Note: to keep things simple today, we’ve listed ras el-hanout as one ingredient. If you’re unfamiliar, it’s a spice blend; you can probably buy a version locally, but you might as well know how to make it yourself—so here’s our recipe for that!
You will need
- 1½ cups sorghum, soaked overnight in water (if you can’t find it locally, you can order it online (here’s an example product on Amazon), or substitute quinoa) and if you have time, soaked overnight and then kept in a jar with just a little moisture for a few days until they begin to sprout—this will be best of all. But if you don’t have time, don’t worry about it; overnight soaking is sufficient already.
- 1 carrot, grated
- ½ cup chopped parsley
- 1 tbsp apple cider vinegar
- ½ tbsp chopped chives
- 2 tbsp ras el-hanout
- 3 cloves garlic, crushed
- 2 tbsp almond butter
- 1 tbsp lemon juice
- 1 tsp white miso paste
- ½ cup sliced almonds
- 4 fresh apricots, pitted and cut into wedges
- 1 cup mint leaves, chopped
- To serve: your choice of salad greens; we suggest chopped romaine lettuce and rocket
Method
(we suggest you read everything at least once before doing anything)
1) Cook the sorghum, which means boiling it for about 45 minutes, or 30 in a pressure cooker. If unsure, err on the side of cooking longer—even up to an hour will be totally fine. You have a lot of wiggle room, and will soon get used to how long it takes with your device/setup. Drain the cooked sorghum, and set it aside to cool. If you’re entertaining, we recommend doing this part the day before and keeping it in the fridge.
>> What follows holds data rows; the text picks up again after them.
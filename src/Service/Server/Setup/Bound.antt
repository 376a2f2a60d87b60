-- ===== src/Service/Server/Setup/Bound.antt =====
-- What the trace says of the daemon's socket: that it is bound and has a mode, and that nothing
-- stood at its path when it was bound.
use sc_helper.Prelude.{
  ℕ, ◌≡◌, refl, Bool, true, false, ◌||◌, Option, none, some, [], ◌∷◌, ◌++◌, Text, codes,
  if◌then◌else◌, arith,
}
use sc_helper.Prelude.Program.{Result, ok, err, or_fail, ◌>>=◌}
use sc_helper.Prelude.Triple.{Ensures, Meets, Meets-bind, Meets-then, Meets-pure}
use sc_helper.Std.Text.{text_eq, text_eq_self}
use sc_helper.Service.Os.{Target, existed, removed, bound, permitted, Trace, Env}
use sc_helper.Service.State.{Daemon, log, exists, bind, set_permissions}
use sc_helper.Service.Core.Steady.{IsSteady}
use sc_helper.Service.Server.Setup.{socket_path, socket_mode, remove_stale, set_up}

unfoldable pub bound_at : Text → Trace → Bool
bound_at p [] = false
bound_at p (bound q (ok _) ∷ t) = let before = bound_at p t in text_eq p q || before
bound_at p (removed q (ok _) ∷ t) =
    let before = bound_at p t in if text_eq p q then false else before
bound_at p (_ ∷ t) = bound_at p t

unfoldable pub mode_of : Text → Trace → Option ℕ
mode_of p [] = none
mode_of p (permitted q mode (ok _) ∷ t) =
    let before = mode_of p t in if text_eq p q then some mode else before
mode_of p (bound q r ∷ t) = let before = mode_of p t in if text_eq p q then none else before
mode_of p (_ ∷ t) = mode_of p t

-- The system has told that nothing is there, or has removed it, and nothing was bound there since.
unfoldable pub clear_at : Text → Trace → Bool
clear_at p [] = false
clear_at p (existed q false ∷ t) = let before = clear_at p t in text_eq p q || before
clear_at p (removed q (ok _) ∷ t) = let before = clear_at p t in text_eq p q || before
clear_at p (bound q r ∷ t) = let before = clear_at p t in if text_eq p q then false else before
clear_at p (_ ∷ t) = clear_at p t

-- Whenever a socket was bound, nothing stood at its path.
unfoldable pub AreClear : Trace → Type 0
AreClear [] = Unit
AreClear (bound p r ∷ t) = (clear_at p t ≡ true) × AreClear t
AreClear (_ ∷ t) = AreClear t

abbrev pub IsListening : Text → Daemon → Type 0
IsListening path d =
    (bound_at path d.trace ≡ true) × (mode_of path d.trace ≡ some socket_mode) × AreClear d.trace

abbrev pub IsClear : Daemon → Type 0
IsClear d = AreClear d.trace

pub IsListening-IsSteady : (path : Text) → IsSteady (IsListening path)
unfolding bound_at mode_of AreClear
IsListening-IsSteady path = record {
  logs = λ e d other h. ground (arith, other, h);
  holds = λ c d h. h;
}

-- What the answers of the set-up's calls leave.
removed-IsClear :
    (path : Text) (r : Result (Unit {0})) (d : Daemon)
    → IsClear d
    → Ensures
        (λ _ s. (clear_at path s.trace ≡ true) × IsClear s)
        IsClear
        (or_fail (codes "removing stale socket " ++ path) r (log (removed path r) d))
unfolding clear_at AreClear
removed-IsClear path (ok a) d h = (rw (text_eq_self path) refl, h)
removed-IsClear path (err e) d h = h

bound-IsClear :
    (path : Text) (r : Result (Unit {0})) (d : Daemon)
    → clear_at path d.trace ≡ true
    → IsClear d
    → Ensures
        (λ _ s. (bound_at path s.trace ≡ true) × IsClear s)
        IsClear
        (or_fail (codes "binding " ++ path) r (log (bound path r) d))
unfolding bound_at AreClear
bound-IsClear path (ok a) d c h = (rw (text_eq_self path) refl, (c, h))
bound-IsClear path (err e) d c h = (c, h)

permitted-IsListening :
    (path : Text) (r : Result (Unit {0})) (d : Daemon)
    → bound_at path d.trace ≡ true
    → IsClear d
    → Ensures
        (λ _. IsListening path)
        IsClear
        (or_fail (codes "chmod 666 " ++ path) r (log (permitted path socket_mode r) d))
unfolding bound_at mode_of AreClear
permitted-IsListening path (ok a) d b h = (b, rw (text_eq_self path) refl, h)
permitted-IsListening path (err e) d b h = h

existed_clear_at :
    (path : Text) (b : Bool) (d : Daemon)
    → b ≡ false
    → clear_at path (existed path b ∷ d.trace) ≡ true
unfolding clear_at
existed_clear_at path false d e = rw (text_eq_self path) refl
existed_clear_at path true d e = absurd (ground (arith, e))

module _ (env : Env) where
  remove_stale-Meets :
      (path : Text) (b : Bool)
      → Meets
          (λ d. (b ≡ false → clear_at path d.trace ≡ true) × IsClear d)
          (remove_stale env path b)
          (λ _ d. (clear_at path d.trace ≡ true) × IsClear d)
          IsClear
  unfolding remove_stale
  remove_stale-Meets path true = record {
    apply = λ d h. removed-IsClear path (env.remove_file d.trace path) d h.1;
  }
  remove_stale-Meets path false = Meets-pure tt (λ d h. (h.0 refl, h.1))

  -- From a state in which each socket was bound where nothing stood, the set-up ends: with the
  -- socket bound, after what stood at its path was removed, and with mode 666; or with an error.
  pub set_up-Meets : (target : Target) → Meets IsClear (set_up env target) IsListening IsClear
  unfolding set_up socket_path AreClear
  set_up-Meets target =
      Meets-bind {mid = λ path. IsClear} {m = socket_path env target} (record { apply = λ d h. h })
        λ path.
          Meets-bind {mid = λ b d. (b ≡ false → clear_at path d.trace ≡ true) × IsClear d}
            {m = exists env path}
            (record { apply = λ d h. (existed_clear_at path (env.exists d.trace path) d, h) })
            λ stale. Meets-then (remove_stale-Meets path stale) (
              Meets-then {mid = λ d. (bound_at path d.trace ≡ true) × IsClear d}
                {m = bind env path >>= or_fail (codes "binding " ++ path)}
                (record { apply = λ d h. bound-IsClear path (env.bind d.trace path) d h.0 h.1 })
                (Meets-then {mid = IsListening path}
                  {m = set_permissions env path socket_mode
                    >>= or_fail (codes "chmod 666 " ++ path)}
                  (record {
                    apply = λ d h.
                        permitted-IsListening path (env.set_permissions d.trace path socket_mode) d
                          h.0 h.1;
                  })
                  (Meets-pure path (λ d h. h))))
2) When it’s cool, add the carrot, the parsley, the chives, the vinegar, and 1 tbsp of the ras el-hanout. Toss gently but thoroughly to combine.
3) Make the dressing, which means putting ¼ cup water into a blender with the other 1 tbsp of the ras el-hanout, the garlic, the almond butter, the lemon juice, and the miso paste. Blend until smooth.
4) Assemble the salad, which means adding the dressing to sorghum-and-ingredients bowl, along with the almonds, apricots, and mint leaves. Toss gently, but sufficiently that everything is coated.
5) Serve on a bed of salad greens.
Enjoy!
Want to learn more?
For those interested in some of the science of what we have going on today:
- Four Ways To Upgrade The Mediterranean Diet ← including an anti-inflammatory version, which is functionally what we’re doing today. As an aside when people hear “Mediterranean” they often think “Italy and Greece”. Which, sure, but N. Africa (and thus Maghreb cuisine) is also very much Mediterranean, and it shows!
- Our Top 5 Spices: How Much Is Enough For Benefits?
- Why You Should Diversify Your Nuts!
- Brain Food? The Eyes Have It!
Take care!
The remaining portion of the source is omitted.